Dataset excerpts:
=====
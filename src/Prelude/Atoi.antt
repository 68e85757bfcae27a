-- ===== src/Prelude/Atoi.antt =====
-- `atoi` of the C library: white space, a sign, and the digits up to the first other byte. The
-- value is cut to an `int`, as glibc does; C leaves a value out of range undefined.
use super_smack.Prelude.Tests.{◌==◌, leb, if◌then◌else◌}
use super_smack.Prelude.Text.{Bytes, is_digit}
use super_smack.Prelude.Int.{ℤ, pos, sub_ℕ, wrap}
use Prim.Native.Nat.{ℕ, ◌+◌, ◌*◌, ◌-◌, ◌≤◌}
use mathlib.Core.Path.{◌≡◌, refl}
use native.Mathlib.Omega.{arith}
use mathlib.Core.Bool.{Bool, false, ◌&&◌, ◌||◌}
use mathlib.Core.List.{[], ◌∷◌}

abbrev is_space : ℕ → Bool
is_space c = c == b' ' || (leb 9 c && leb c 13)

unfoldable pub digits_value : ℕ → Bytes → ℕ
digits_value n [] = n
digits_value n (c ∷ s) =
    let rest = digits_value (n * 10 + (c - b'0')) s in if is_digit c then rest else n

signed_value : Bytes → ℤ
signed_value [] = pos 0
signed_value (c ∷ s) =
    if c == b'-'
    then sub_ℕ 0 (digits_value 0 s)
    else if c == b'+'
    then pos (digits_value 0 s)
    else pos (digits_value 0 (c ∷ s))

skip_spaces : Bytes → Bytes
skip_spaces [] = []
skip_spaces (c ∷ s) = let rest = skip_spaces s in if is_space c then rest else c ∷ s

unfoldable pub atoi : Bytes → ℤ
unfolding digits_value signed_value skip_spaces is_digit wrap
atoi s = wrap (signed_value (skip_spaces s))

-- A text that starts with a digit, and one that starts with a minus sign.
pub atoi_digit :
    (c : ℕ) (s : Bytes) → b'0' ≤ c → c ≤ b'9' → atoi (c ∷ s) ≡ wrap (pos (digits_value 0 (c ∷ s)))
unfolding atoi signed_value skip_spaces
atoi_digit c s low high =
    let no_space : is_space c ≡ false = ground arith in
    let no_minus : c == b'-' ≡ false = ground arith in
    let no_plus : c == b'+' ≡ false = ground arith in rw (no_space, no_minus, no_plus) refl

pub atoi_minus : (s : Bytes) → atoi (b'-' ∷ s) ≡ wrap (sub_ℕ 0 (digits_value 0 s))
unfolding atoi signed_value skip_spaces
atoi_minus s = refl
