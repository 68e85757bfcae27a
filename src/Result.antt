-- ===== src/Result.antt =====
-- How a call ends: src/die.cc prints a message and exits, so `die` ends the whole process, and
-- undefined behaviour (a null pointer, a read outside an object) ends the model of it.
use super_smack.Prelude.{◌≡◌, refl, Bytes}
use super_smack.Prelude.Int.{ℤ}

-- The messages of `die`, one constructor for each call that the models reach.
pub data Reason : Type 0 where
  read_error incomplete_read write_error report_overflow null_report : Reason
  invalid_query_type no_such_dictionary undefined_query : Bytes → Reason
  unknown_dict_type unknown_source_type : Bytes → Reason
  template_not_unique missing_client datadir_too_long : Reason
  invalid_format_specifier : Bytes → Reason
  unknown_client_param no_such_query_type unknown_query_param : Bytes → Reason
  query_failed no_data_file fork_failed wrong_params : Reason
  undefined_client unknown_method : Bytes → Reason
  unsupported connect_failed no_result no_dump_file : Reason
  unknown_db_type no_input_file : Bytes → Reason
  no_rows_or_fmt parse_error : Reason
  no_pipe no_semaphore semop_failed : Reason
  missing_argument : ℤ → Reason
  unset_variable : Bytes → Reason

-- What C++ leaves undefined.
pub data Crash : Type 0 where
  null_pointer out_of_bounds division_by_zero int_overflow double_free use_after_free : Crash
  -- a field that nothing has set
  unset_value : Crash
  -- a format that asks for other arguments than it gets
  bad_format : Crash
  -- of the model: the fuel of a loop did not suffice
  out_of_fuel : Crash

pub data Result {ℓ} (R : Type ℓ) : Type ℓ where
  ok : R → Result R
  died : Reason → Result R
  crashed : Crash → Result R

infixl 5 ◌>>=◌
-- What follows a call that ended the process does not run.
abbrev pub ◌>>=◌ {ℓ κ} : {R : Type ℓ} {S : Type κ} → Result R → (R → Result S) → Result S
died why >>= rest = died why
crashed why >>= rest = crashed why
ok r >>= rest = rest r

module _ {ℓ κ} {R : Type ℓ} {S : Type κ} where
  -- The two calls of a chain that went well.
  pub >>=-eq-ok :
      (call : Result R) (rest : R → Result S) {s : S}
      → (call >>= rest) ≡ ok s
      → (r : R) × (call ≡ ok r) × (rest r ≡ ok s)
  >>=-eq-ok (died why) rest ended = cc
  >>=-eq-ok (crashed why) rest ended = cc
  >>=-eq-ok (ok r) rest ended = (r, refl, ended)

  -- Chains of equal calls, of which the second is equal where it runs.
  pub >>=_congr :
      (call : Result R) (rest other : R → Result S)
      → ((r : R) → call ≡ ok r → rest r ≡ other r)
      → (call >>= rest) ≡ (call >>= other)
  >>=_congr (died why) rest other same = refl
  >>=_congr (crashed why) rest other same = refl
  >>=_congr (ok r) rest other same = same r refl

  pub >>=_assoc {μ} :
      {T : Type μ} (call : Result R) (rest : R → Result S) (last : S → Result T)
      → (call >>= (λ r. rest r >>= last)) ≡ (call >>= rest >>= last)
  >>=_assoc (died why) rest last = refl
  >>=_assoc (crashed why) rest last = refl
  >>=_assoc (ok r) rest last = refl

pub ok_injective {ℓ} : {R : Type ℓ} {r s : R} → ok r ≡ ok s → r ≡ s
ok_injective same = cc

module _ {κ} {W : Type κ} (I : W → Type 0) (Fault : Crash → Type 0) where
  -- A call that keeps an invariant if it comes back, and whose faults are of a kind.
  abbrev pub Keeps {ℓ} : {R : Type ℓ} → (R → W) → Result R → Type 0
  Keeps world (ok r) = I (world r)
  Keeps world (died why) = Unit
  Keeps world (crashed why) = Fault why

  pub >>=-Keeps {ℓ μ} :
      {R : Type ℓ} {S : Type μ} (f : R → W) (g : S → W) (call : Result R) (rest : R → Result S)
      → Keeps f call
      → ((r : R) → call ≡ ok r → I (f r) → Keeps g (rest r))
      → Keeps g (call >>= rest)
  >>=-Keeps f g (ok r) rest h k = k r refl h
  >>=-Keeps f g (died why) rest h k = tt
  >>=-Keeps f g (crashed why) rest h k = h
=====
**PROBLEM TO WORK ON:**
Your answer must be a single number: the count of lines in the records above that contain "false".

**EXPECTED ANSWER:**
4